A cashflow statement in project finance deals is a critical tool for analyzing the financial health of a project. Its purpose is to provide an accurate and complete picture of a project's cash inflows and outflows over a specific period and the entire asset life, which is displayed in the row totals in column I.

A cashflow statement helps project financiers and investors understand the timing and amount of cash that a project generates and requires to meet its financial obligations. It provides insights into the project's operating, investing, and financing activities, allowing financiers to evaluate the project's financial performance and assess its ability to generate sufficient cash flows to cover its expenses, debt service, and ultimately meet the return expectations of equity investors.

Overall, a cash flow statement is a crucial component of a project finance deal, providing critical information for investors, lenders, and other stakeholders to make informed investment decisions.

If you would like to gain an in-depth understanding of how this cashflow statement has been created, we recommend watching the video lessons of the Advanced Renewable Energy Financial Modeling course.

3.6.5       Income Statement

An income statement, also known as a profit and loss statement, is a financial statement that provides a summary of a company's revenues and expenses over a specific period. In project finance deals, the purpose of an income statement is to provide an accurate and complete picture of the project's revenue generation and profitability.

The income statement provides information on the project's revenue, operating costs, operating income, depreciation & amortization, interest expenses, taxes, and net income or loss. 

In project finance deals, the income statement is especially relevant for tax calculation purposes as it provides information on the project's taxable income. The taxable income is calculated by subtracting the project's tax-deductible expenses from its total revenue. Tax-deductible expenses are expenses that can be deducted from the project's revenue to reduce its taxable income.

Income and cashflow statements are essential financial statements used in project finance deals. Still, they differ in their purpose, structure, and the type of information they provide. Here are the key differences between an income statement and a cash flow statement:

1. Purpose: The income statement provides information on the project's revenues, expenses, and tax-relevant profitability over a specific period, while the cash flow statement provides information on the project's cash inflows and outflows over the same period.
2. Timing: The income statement records revenues and expenses when they are incurred, regardless of when the cash is received or paid out, while the cash flow statement records cash inflows and outflows when they occur.
3. Structure: The income statement consists of revenue, operating costs, operating income, depreciation & amortization, interest expenses, taxes, and net income or loss, while the cash flow statement is structured around cash inflows and outflows from operating activities, investing activities, and financing activities.
4. Information provided: The income statement provides information on the project's profitability and financial health, while the cash flow statement provides information on the project's ability to generate cash and meet its financial obligations.

In summary, the income statement focuses on tax-relevant profitability, while the cash flow statement focuses on cash flow.
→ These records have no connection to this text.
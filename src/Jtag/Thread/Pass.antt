-- ===== src/Jtag/Thread/Pass.antt =====
-- A whole pass of the communication thread: the request is built, in a block that is large enough, and
-- the answer is taken.
use native.Mathlib.Nat.{div-mul-le_self, mul-le-mul, mul-le-mul_right}
use demo_testbench.Base.{
  ℕ, zero, suc, ◌+◌, ◌-◌, ◌*◌, ◌/◌, ◌%◌, ◌^◌, ◌≤◌, ◌<◌, min, ltb, leb, if◌then◌else◌,
}
use demo_testbench.Base.{List, [], length, take, drop}
use demo_testbench.Base.{Option, some, done, ok, enomem}
use demo_testbench.Base.{◌≡◌, refl, ap, ◌∙◌, sym, arith, Bool-cases, inl, inr, true}
use demo_testbench.Cbuf.{Cbuf, fill_level, free_level}
use demo_testbench.Cbuf.Valid.{IsValid, fill_level_lem, free_level_lem}
use demo_testbench.Cbuf.Contents.{contents, length-contents}
use demo_testbench.Jtag.{
  Jtag, to_bytes, calc_payload_len, grow_buf, adjust_wanted, build_jtag_req, parse_jtag_resp,
}
use demo_testbench.Jtag.Words.{copy_from_word}
use demo_testbench.Jtag.Words.Laws.{max_wsize_lem}
use demo_testbench.Jtag.Request.{Requested, build_jtag_req-Requested, room_lem}
use demo_testbench.Jtag.Response.{Exchanged, parse_jtag_resp-Exchanged}
use demo_testbench.Jtag.Thread.{build_loop, thread_step, take_answer, retry_or_end}
use demo_testbench.Jtag.Thread.Laws.{calc_payload_len_lem, adjust_wanted_narrow}

-- The larger of the two payloads.
abbrev most : ℕ → ℕ → ℕ
most wr_words rd_words = if ltb rd_words wr_words then wr_words else rd_words

grow_buf-larger :
    (size : ℕ)
    → 0 < size
    → size < 2 ^ 63
    → (size < grow_buf size) × (grow_buf size < 2 ^ 64) × (grow_buf size ≤ size + size + 32 * 1024)
unfolding grow_buf
grow_buf-larger size pos small = ground arith

min_le : (a b : ℕ) → min a b ≤ a
min_le a b = omega arith

-- Whole words have no more bytes than there are.
whole_words : (bytes width wanted : ℕ) → min (bytes / width) wanted * width ≤ bytes
whole_words bytes width wanted =
    let few = mul-le-mul_right width (min_le (bytes / width) wanted) in
    omega (arith, few, div-mul-le_self bytes width)

total_small : (words width : ℕ) → words ≤ 2 ^ 16 → width < 4 → (words + 4) * width ≤ 2 ^ 19
total_small words width h n =
    let most_words : words + 4 ≤ 2 ^ 16 + 4 = omega arith in
    let most_width : width ≤ 3 = omega arith in omega (arith, mul-le-mul most_words most_width)

-- What the target answers to a request: as many bytes as were sent, the last two words of which
-- count the words taken and those sent back.
pub record Answers (width acked received : ℕ) (req resp : List ℕ) : Type 0 where
  pub as_long : length resp ≡ length req
  pub says_acked : copy_from_word width resp (length resp - width * 2) ≡ done acked
  pub says_received : copy_from_word width resp (length resp - width) ≡ done received

module _ (realloc : Option (List ℕ) → ℕ → Option (List ℕ))
    (gives : (tmp : Option (List ℕ)) (n : ℕ)
      → (block : List ℕ) × (realloc tmp n ≡ some block) × (length block ≡ n)) where
  -- A block that is too small.
  build_jtag_req-enomem :
      (u : Jtag) (wr_words rd_words size : ℕ)
      → wr_words < 2 ^ 30
      → rd_words < 2 ^ 30
      → (most wr_words rd_words + 4) * u.target_word_width < 2 ^ 30
      → size < (most wr_words rd_words + 4) * u.target_word_width
      → build_jtag_req realloc u wr_words rd_words size ≡ done (enomem, [], u)
  unfolding build_jtag_req to_bytes
  build_jtag_req-enomem u wr_words rd_words size hw hr small short =
      let width = u.target_word_width in
      let m : ℕ = most wr_words rd_words in
      let m_small : m < 2 ^ 30 = ground arith in
      let sum : (m + 4) % 2 ^ 32 ≡ m + 4 = omega arith in
      let bytes : (m + 4) * width % 2 ^ 32 ≡ (m + 4) * width = omega arith in
      let full : ltb size ((m + 4) * width) ≡ true = ground arith in
      rw (max_wsize_lem wr_words rd_words (omega arith) (omega arith), sum, bytes, full) refl

  -- With as much fuel as a request has bytes, and one more, the request is built in the end, and the
  -- block is then large enough.
  pub build_loop-Requested :
      (fuel : ℕ) (u : Jtag) (wr_words rd_words size : ℕ)
      → let total = (most wr_words rd_words + 4) * u.target_word_width in
        0 < u.target_word_width
        → IsValid u.write_buf
        → wr_words * u.target_word_width ≤ length (contents u.write_buf)
        → wr_words < 2 ^ 30
        → rd_words < 2 ^ 30
        → total < 2 ^ 30
        → 0 < size
        → total < fuel + size
        → 0 < fuel
        → (req : List ℕ) × (b : Cbuf) × (size' : ℕ) × (build_loop realloc fuel u wr_words rd_words
              size
            ≡ done (ok, req, size', record u { write_buf = b }))
          × Requested u wr_words rd_words req b
          × (total ≤ size')
  unfolding build_loop retry_or_end
  build_loop-Requested zero u wr_words rd_words size pos v there hw hr small some_size enough h =
      absurd (omega arith)
  build_loop-Requested (suc fuel) u wr_words rd_words size pos v there hw hr small some_size enough
        h =
      elim (Bool-cases (leb ((most wr_words rd_words + 4) * u.target_word_width) size)) [
        | inl fits ↦
            let roomy : (most wr_words rd_words + 4) * u.target_word_width ≤ size =
              ground (arith, fits) in
            let (req, b, builds, r) =
              build_jtag_req-Requested realloc gives u wr_words rd_words size pos v there hw hr
                small roomy in
            (req, b, size, rw builds refl, r, roomy)
        | inr short ↦
            let less : size < (most wr_words rd_words + 4) * u.target_word_width =
              ground (arith, short) in
            let (larger, _, _) = grow_buf-larger size some_size (omega arith) in
            let again = build_jtag_req-enomem u wr_words rd_words size hw hr small less in
            let (req, b, size', builds, r, roomy) =
              build_loop-Requested fuel u wr_words rd_words (grow_buf size) pos v there hw hr small
                (omega arith) (omega arith) (omega arith) in
            (req, b, size', rw again builds, r, roomy)
      ]

  -- A pass, from what its parts give.
  stepped_from :
      (scan : List ℕ → Option (List ℕ)) (u u1 u' : Jtag) (fuel min_wanted wanted size size' : ℕ)
      (payload wr_words rd_words acked received next : ℕ) (req resp : List ℕ)
      → calc_payload_len u wanted ≡ done (payload, wr_words, rd_words)
      → build_loop realloc fuel u wr_words rd_words size ≡ done (ok, req, size', u1)
      → scan req ≡ some resp
      → parse_jtag_resp u1 resp (length resp) ≡ done (acked, received, u')
      → length resp ≡ length req
      → adjust_wanted u1.target_word_width min_wanted wanted wr_words rd_words acked received
        ≡ done next
      → thread_step realloc scan fuel u min_wanted wanted size ≡ done (some (next, u'), size')
  unfolding thread_step take_answer
  stepped_from scan u u1 u' fuel min_wanted wanted size size' payload wr_words rd_words acked
        received next req resp a b c d e f =
      rw (a, b, c, sym e, d, f) refl

  -- With words of one to three bytes, buffers that are valid and of at most 64 KiB, at most 2^16
  -- words wanted, a block of some size and enough fuel for it to grow, and a target whose answer has
  -- the length of the request and takes at most the words written and sends at most those asked for,
  -- a pass of the thread ends well: exactly the acknowledged words leave the write buffer, exactly
  -- those that the answer carries go to the end of the read buffer, both buffers stay valid, and at
  -- most 15000 words are wanted next.
  pub thread_step-Exchanged :
      (scan : List ℕ → Option (List ℕ)) (u : Jtag) (fuel min_wanted wanted size acked received : ℕ)
      → let width = u.target_word_width in
        let wr = min (fill_level u.write_buf / width) wanted in
        let rd = min (free_level u.read_buf / width) wanted in
        0 < width
        → width < 4
        → IsValid u.write_buf
        → IsValid u.read_buf
        → u.write_buf.size ≤ 2 ^ 16
        → u.read_buf.size ≤ 2 ^ 16
        → min_wanted ≤ 2 ^ 16
        → wanted ≤ 2 ^ 16
        → 0 < size
        → 2 ^ 19 < fuel
        → ((req : List ℕ) (b : Cbuf)
            → Requested u wr rd req b
            → (resp : List ℕ) × (scan req ≡ some resp) × Answers width acked received req resp)
        → acked ≤ wr
        → received ≤ rd
        → (req : List ℕ) × (b : Cbuf) × (resp : List ℕ) × (next : ℕ) × (size' : ℕ) × (u' : Jtag)
          × Requested u wr rd req b
          × (scan req ≡ some resp)
          × (thread_step realloc scan fuel u min_wanted wanted size ≡ done (some (next, u'), size'))
          × Exchanged u u' (acked * width) (take (received * width) (drop (width * 2) resp))
          × (next ≤ 15000)
  thread_step-Exchanged scan u fuel min_wanted wanted size acked received pos narrow v w wsize rsize
        hm hw some_size enough answers few few' =
      let width = u.target_word_width in
      let level_is : fill_level u.write_buf ≡ length (contents u.write_buf) =
        fill_level_lem v ∙ sym (length-contents u.write_buf) in
      let level_small : fill_level u.write_buf ≤ 2 ^ 16 =
        omega (arith, fill_level_lem v, v.level_in) in
      let free_is : free_level u.read_buf + length (contents u.read_buf) ≡ u.read_buf.size =
        ap (λ k. free_level u.read_buf + k) (length-contents u.read_buf) ∙ free_level_lem w in
      let wr = min (fill_level u.write_buf / width) wanted in
      let rd = min (free_level u.read_buf / width) wanted in
      let wr_bytes : wr * width ≤ fill_level u.write_buf = whole_words _ width wanted in
      let rd_bytes : rd * width ≤ free_level u.read_buf = whole_words _ width wanted in
      let acked_bytes : acked * width ≤ wr * width = mul-le-mul_right width few in
      let received_bytes : received * width ≤ rd * width = mul-le-mul_right width few' in
      let sum : (most wr rd + 4) * width ≤ 2 ^ 19 =
        total_small (most wr rd) width (ground arith) narrow in
      let received_room = room_lem received (most wr rd) width (ground arith) in
      let payload = calc_payload_len_lem u wanted pos (omega arith) (omega arith) (omega arith) in
      let (req, b, size', builds, r, _) =
        build_loop-Requested fuel u wr rd size pos v (omega arith) (omega arith) (omega arith)
          (omega arith) some_size (omega arith) (omega arith) in
      let (resp, scans, a) = answers req b r in
      let (u', parses, e) =
        parse_jtag_resp-Exchanged (record u { write_buf = b }) resp acked received r.ring_valid w
          a.says_acked a.says_received (rw r.keeps (omega arith)) (omega arith)
          (omega (arith, r.size, a.as_long)) (omega arith) (omega arith) in
      let (next, adjusts, most_next, _, _) =
        adjust_wanted_narrow width min_wanted wanted wr rd acked received (omega arith)
          (omega arith) narrow in
      (
        req,
        b,
        resp,
        next,
        size',
        u',
        r,
        scans,
        stepped_from scan u (record u { write_buf = b }) u' fuel min_wanted wanted size size' _ wr
            rd acked received next req resp payload builds scans parses a.as_long adjusts,
        record {
          taken_away = e.taken_away ∙ ap (λ l. drop (acked * width) l) r.keeps;
          delivered = e.delivered;
          write_valid = e.write_valid;
          read_valid = e.read_valid;
          write_size = e.write_size ∙ r.ring_size;
          read_size = e.read_size;
          same_width = e.same_width;
        },
        most_next,
      )
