-- ===== src/Jtag/Tests.antt =====
-- The JTAG backend with words of two bytes and rings of eight bytes; four bytes wait to be written.
use demo_testbench.Base.{ℕ, ◌+◌, ◌*◌, ◌^◌, ◌≤◌}
use demo_testbench.Base.{
  List, [], ◌∷◌, length, take, drop, tabulate, length-tabulate, Option, none, some,
}
use demo_testbench.Base.{done, ok, ◌≡◌, refl, sym, arith}
use demo_testbench.Cbuf.{Cbuf, fill_level, free_level}
use demo_testbench.Cbuf.Valid.{IsValid}
use demo_testbench.Jtag.{Jtag, build_jtag_req}
use demo_testbench.Jtag.Words.{copy_to_word, copy_from_word}
use demo_testbench.Jtag.Words.Laws.{kept, copy_from_word-copy_to_word}
use demo_testbench.Jtag.Request.{Requested, build_jtag_req-Requested}
use demo_testbench.Jtag.Response.{Exchanged}
use demo_testbench.Jtag.Thread.{thread_step}
use demo_testbench.Jtag.Thread.Pass.{Answers, thread_step-Exchanged}

abbrev pub empty_ring : Cbuf
empty_ring = record {
  wr_ptr = 5;
  rd_ptr = 5;
  size = 8;
  bytes = tabulate 8 (λ i. 0);
  hint_max_read_size = 0;
  read_data_tmp_size = 0;
  read_data_tmp = none;
  hint_max_write_size = 0;
  write_data_tmp_size = 0;
  write_data_tmp = none;
}

-- The bytes 1 to 4, from the sixth cell on.
abbrev pub waiting : Cbuf
waiting = record empty_ring { wr_ptr = 9; bytes = 4 ∷ 0 ∷ 0 ∷ 0 ∷ 0 ∷ 1 ∷ 2 ∷ 3 ∷ [] }

pub empty_ring-IsValid : IsValid empty_ring
empty_ring-IsValid = record {
  log_size = 3;
  is_power = refl;
  small = omega arith;
  allocated = refl;
  wr_in = omega arith;
  rd_in = omega arith;
  level_in = omega arith;
  read_tmp = refl;
  write_tmp = refl;
}

pub waiting-IsValid : IsValid waiting
waiting-IsValid = record {
  log_size = 3;
  is_power = refl;
  small = omega arith;
  allocated = refl;
  wr_in = omega arith;
  rd_in = omega arith;
  level_in = omega arith;
  read_tmp = refl;
  write_tmp = refl;
}

abbrev pub backend : Jtag
backend = record {
  write_buf = waiting;
  read_buf = empty_ring;
  target_word_width = 2;
  target_buffer_size = 16;
}

abbrev moving : Option (List ℕ) → ℕ → Option (List ℕ)
moving tmp n = some (tabulate n (λ i. 0))

moving_gives :
    (tmp : Option (List ℕ)) (n : ℕ)
    → (block : List ℕ) × (moving tmp n ≡ some block) × (length block ≡ n)
moving_gives tmp n = (tabulate n (λ i. 0), refl, length-tabulate {A = ℕ} n (λ i. 0))

copy_from_word-copy_to_word_example :
    (out : List ℕ) × (copy_to_word 2 0x1234 (7 ∷ 7 ∷ 7 ∷ 7 ∷ 7 ∷ []) 1 ≡ done out)
    × (copy_from_word 2 out 1 ≡ done (kept 2 0x1234))
    × (take 1 out ≡ take 1 (7 ∷ 7 ∷ 7 ∷ 7 ∷ 7 ∷ []))
    × (drop (1 + 2) out ≡ drop (1 + 2) (7 ∷ 7 ∷ 7 ∷ 7 ∷ 7 ∷ []))
    × (length out ≡ 5)
copy_from_word-copy_to_word_example =
    copy_from_word-copy_to_word 2 0x1234 (7 ∷ 7 ∷ 7 ∷ 7 ∷ 7 ∷ []) 1 (omega arith) (omega arith)

build_jtag_req-Requested_example :
    (req : List ℕ) × (b : Cbuf) × (build_jtag_req moving backend 2 3 30008
      ≡ done (ok, req, record backend { write_buf = b }))
    × Requested backend 2 3 req b
build_jtag_req-Requested_example =
    build_jtag_req-Requested moving moving_gives backend 2 3 30008 (omega arith) waiting-IsValid
      (omega arith) (omega arith) (omega arith) (omega arith) (omega arith)

-- A target that takes one word and sends two.
abbrev target : List ℕ → Option (List ℕ)
target req = some (9 ∷ 9 ∷ 9 ∷ 9 ∷ 21 ∷ 22 ∷ 23 ∷ 24 ∷ 9 ∷ 9 ∷ 9 ∷ 9 ∷ 1 ∷ 0 ∷ 2 ∷ 0 ∷ [])

target-Answers :
    (req : List ℕ) (b : Cbuf)
    → Requested backend 2 4 req b
    → (resp : List ℕ) × (target req ≡ some resp) × Answers 2 1 2 req resp
unfolding copy_from_word fill_level free_level
target-Answers req b r =
    (_, refl, record { as_long = sym r.size; says_acked = refl; says_received = refl })

thread_step-Exchanged_example :
    (req : List ℕ) × (b : Cbuf) × (resp : List ℕ) × (next : ℕ) × (size' : ℕ) × (u' : Jtag)
    × Requested backend 2 4 req b
    × (target req ≡ some resp)
    × (thread_step moving target (2 ^ 20) backend 16 100 8 ≡ done (some (next, u'), size'))
    × Exchanged backend u' (1 * 2) (take (2 * 2) (drop (2 * 2) resp))
    × (next ≤ 15000)
unfolding fill_level free_level
thread_step-Exchanged_example =
    thread_step-Exchanged moving moving_gives target backend (2 ^ 20) 16 100 8 1 2 (omega arith)
      (omega arith) waiting-IsValid empty_ring-IsValid (omega arith) (omega arith) (omega arith)
      (omega arith) (omega arith) (omega arith) target-Answers (omega arith) (omega arith)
While they both provide important information for project finance deals, they serve different purposes and provide different types of information.

3.6.6       Balance Sheet

A balance sheet is a financial statement that provides a snapshot of a company's financial position at a specific point in time. In project finance deals, the purpose of a balance sheet is to provide an overview of the project's assets, liabilities, and equity, which can be used to assess its financial health, liquidity, and solvency.

The balance sheet provides information on the project's assets, which include current and non-current assets such as cash, reserve accounts, and long-term, short-term, and financing assets. It also lists the project's liabilities, including tax credits, debt, and shareholder loans. The difference between the project's assets and liabilities represents its equity or net assets.

Project financiers and investors use the balance sheet to evaluate the project's financial position and assess its ability to meet its financial obligations. For example, the balance sheet can be used to calculate key financial ratios such as the debt-to-equity ratio, which measures the project's leverage, or the current ratio, which measures the project's liquidity.

Overall, a balance sheet in a project finance deal is to provide stakeholders with an understanding of the project's financial position, enabling them to make informed investment decisions. It provides critical information on the project's assets, liabilities, and equity, which can be used to assess its financial health and solvency.

3.6.7       Uses of funds

In project finance deals, the term "uses of funds" refers to the specific purposes for which the funds raised through financing will be utilized. The uses of funds provide a detailed breakdown of how the project's financing will be allocated to support its development, construction, and operation.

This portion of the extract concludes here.